◆ **ACTIVITY**:
Go through the lines below. Copy those with "Bool".

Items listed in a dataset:
+--
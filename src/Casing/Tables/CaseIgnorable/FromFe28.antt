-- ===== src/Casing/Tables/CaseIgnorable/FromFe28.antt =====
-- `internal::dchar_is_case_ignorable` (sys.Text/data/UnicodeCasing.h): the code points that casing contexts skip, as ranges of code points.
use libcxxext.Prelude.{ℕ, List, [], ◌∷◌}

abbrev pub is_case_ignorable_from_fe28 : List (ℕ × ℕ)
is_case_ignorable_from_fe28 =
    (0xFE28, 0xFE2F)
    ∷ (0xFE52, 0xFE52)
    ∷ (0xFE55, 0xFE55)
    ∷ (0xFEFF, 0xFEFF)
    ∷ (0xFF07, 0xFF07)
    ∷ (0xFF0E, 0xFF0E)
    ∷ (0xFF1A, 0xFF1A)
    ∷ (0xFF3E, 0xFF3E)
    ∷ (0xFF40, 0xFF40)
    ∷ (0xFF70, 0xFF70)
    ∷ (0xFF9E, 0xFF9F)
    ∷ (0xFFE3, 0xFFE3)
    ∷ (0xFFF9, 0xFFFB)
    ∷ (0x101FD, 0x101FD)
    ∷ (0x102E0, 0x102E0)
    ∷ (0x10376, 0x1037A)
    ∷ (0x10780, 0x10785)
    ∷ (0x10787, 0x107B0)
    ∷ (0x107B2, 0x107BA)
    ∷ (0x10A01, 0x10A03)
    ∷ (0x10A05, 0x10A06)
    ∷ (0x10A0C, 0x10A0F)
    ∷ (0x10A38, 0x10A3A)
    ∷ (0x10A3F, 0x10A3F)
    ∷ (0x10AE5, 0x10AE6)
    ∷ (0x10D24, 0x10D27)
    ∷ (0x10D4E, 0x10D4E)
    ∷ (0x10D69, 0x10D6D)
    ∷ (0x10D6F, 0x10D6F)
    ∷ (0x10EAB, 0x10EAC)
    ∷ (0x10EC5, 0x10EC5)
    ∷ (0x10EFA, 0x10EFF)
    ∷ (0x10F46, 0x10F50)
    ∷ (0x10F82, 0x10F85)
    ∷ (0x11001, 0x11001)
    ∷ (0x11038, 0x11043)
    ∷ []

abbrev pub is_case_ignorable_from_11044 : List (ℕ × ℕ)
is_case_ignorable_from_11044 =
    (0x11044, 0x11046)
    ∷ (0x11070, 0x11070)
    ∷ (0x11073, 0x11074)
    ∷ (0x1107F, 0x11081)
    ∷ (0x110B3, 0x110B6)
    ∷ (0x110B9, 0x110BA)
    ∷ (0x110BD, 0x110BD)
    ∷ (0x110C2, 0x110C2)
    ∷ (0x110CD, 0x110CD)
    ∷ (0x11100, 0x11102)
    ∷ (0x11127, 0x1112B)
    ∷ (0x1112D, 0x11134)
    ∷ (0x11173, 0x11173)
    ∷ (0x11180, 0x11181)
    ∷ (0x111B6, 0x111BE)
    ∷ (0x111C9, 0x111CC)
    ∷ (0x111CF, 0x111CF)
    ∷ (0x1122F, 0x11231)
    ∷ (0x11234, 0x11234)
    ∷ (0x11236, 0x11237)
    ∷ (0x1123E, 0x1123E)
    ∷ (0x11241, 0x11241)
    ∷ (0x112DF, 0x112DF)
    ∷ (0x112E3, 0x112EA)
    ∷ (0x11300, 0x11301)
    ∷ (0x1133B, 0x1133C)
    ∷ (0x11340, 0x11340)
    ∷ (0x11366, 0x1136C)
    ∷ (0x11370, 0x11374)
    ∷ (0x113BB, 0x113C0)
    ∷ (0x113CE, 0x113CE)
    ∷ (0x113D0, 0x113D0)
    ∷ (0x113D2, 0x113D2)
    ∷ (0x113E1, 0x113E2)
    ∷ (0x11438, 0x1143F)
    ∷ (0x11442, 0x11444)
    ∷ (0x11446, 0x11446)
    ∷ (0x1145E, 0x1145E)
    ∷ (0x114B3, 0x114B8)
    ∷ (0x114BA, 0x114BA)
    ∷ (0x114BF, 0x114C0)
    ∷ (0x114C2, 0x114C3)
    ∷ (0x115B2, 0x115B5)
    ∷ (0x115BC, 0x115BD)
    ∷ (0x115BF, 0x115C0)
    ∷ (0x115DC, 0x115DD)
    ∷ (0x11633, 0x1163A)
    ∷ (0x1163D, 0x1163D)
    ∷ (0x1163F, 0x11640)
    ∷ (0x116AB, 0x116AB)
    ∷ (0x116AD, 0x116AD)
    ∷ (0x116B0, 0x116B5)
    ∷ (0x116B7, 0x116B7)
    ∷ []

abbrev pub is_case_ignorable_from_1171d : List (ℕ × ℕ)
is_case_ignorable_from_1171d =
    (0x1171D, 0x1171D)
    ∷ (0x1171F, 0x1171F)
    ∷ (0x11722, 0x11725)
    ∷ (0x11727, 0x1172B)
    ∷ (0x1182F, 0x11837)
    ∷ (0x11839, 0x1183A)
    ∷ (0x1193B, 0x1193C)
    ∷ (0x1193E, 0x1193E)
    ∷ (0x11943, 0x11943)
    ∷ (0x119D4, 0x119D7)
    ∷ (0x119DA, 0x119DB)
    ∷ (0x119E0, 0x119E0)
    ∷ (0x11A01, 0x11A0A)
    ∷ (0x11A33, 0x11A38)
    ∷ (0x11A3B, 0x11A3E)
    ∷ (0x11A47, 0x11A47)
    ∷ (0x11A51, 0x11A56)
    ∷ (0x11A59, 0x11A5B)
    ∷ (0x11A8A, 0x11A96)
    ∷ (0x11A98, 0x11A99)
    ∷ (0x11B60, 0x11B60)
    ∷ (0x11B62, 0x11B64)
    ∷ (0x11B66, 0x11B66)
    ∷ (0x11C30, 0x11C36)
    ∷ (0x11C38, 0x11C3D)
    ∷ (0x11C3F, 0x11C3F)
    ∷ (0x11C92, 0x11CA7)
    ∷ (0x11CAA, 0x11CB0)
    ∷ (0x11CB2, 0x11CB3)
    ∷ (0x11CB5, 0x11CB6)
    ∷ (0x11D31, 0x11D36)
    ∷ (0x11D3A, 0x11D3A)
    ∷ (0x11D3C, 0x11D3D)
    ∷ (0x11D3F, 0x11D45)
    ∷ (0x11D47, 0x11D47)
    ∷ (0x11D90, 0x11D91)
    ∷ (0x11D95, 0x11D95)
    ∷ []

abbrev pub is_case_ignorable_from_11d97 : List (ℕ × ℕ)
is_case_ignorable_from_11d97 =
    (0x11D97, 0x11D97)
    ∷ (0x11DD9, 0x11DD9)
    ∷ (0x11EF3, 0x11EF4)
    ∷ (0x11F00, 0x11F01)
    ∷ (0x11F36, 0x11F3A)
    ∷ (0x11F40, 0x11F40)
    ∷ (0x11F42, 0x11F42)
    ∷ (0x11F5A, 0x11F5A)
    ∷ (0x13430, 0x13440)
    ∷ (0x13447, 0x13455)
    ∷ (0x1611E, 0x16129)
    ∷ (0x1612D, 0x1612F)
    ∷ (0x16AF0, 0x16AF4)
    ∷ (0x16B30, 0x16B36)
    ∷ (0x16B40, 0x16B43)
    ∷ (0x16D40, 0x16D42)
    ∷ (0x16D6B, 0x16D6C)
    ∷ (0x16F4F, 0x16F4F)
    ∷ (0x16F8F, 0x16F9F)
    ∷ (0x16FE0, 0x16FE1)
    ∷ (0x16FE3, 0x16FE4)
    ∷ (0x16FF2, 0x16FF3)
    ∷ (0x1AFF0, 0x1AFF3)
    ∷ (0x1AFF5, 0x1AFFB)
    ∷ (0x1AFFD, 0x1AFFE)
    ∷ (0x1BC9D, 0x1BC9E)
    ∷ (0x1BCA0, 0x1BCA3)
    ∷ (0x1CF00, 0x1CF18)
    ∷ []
+--
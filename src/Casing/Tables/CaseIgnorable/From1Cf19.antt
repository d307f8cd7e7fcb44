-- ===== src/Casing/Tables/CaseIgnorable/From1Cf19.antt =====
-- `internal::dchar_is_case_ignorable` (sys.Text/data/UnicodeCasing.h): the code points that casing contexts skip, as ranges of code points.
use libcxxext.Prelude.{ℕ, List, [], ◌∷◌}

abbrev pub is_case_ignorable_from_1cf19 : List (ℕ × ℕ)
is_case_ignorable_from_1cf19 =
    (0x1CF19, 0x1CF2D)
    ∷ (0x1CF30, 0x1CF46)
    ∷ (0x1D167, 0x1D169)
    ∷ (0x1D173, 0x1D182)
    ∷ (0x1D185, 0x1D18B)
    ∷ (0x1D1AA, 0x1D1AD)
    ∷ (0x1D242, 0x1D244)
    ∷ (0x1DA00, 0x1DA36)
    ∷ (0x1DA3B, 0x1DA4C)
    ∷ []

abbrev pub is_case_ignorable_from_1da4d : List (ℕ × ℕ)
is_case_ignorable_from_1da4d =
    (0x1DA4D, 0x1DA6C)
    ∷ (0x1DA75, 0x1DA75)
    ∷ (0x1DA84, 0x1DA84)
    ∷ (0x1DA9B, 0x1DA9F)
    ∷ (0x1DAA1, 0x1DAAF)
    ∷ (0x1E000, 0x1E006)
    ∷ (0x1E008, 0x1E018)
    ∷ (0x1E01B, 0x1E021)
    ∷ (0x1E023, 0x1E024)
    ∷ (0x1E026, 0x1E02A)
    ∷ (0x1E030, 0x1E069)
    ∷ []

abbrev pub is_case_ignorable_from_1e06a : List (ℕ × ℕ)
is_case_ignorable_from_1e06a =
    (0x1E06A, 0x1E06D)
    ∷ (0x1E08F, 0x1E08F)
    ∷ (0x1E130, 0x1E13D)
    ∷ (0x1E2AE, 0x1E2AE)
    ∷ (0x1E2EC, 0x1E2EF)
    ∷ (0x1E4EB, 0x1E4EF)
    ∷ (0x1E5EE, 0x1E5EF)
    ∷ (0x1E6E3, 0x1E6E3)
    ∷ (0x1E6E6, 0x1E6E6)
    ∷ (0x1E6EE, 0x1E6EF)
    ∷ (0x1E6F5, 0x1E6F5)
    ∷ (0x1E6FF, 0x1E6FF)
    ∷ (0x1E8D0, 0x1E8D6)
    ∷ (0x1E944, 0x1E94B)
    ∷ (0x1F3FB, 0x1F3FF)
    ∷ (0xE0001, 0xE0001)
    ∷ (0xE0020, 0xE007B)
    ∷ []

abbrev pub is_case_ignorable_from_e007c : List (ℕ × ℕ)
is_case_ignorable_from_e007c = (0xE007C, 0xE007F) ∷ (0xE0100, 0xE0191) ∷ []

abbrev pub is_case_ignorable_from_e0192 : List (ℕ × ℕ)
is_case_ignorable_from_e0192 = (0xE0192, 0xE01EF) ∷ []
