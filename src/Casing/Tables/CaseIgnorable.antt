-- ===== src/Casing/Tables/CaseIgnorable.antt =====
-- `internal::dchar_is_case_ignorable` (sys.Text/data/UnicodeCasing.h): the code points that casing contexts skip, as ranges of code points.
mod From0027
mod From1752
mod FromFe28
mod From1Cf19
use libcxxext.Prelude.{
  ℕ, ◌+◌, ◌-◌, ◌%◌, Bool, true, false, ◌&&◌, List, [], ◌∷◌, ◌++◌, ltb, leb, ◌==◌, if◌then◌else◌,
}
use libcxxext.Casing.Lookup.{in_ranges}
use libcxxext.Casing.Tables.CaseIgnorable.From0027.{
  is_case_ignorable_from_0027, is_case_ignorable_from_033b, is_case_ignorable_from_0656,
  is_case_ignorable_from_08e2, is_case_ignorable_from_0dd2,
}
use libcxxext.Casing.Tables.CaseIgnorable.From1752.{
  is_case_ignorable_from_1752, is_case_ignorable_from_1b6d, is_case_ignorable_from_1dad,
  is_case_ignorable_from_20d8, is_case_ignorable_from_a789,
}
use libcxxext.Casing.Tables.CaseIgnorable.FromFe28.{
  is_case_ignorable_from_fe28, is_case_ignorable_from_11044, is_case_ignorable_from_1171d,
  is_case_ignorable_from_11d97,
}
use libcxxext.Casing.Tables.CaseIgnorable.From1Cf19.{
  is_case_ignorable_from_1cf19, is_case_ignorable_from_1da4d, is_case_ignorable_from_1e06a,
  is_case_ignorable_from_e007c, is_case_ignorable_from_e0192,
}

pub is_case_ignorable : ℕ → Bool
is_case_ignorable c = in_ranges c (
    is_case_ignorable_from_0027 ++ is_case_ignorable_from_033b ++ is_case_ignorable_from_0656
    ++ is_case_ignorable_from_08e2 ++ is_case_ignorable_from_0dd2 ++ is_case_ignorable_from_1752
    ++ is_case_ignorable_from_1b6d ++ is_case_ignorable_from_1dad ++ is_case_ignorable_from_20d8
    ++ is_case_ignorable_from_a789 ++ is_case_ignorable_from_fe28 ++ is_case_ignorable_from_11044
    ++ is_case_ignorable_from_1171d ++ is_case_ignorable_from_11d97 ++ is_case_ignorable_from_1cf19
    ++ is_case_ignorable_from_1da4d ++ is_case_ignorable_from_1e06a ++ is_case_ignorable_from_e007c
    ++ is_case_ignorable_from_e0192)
+--
◆ **RESPONSE FOR THIS EXERCISE**:
  ℕ, ◌+◌, ◌-◌, ◌%◌, Bool, true, false, ◌&&◌, List, [], ◌∷◌, ◌++◌, ltb, leb, ◌==◌, if◌then◌else◌,
pub is_case_ignorable : ℕ → Bool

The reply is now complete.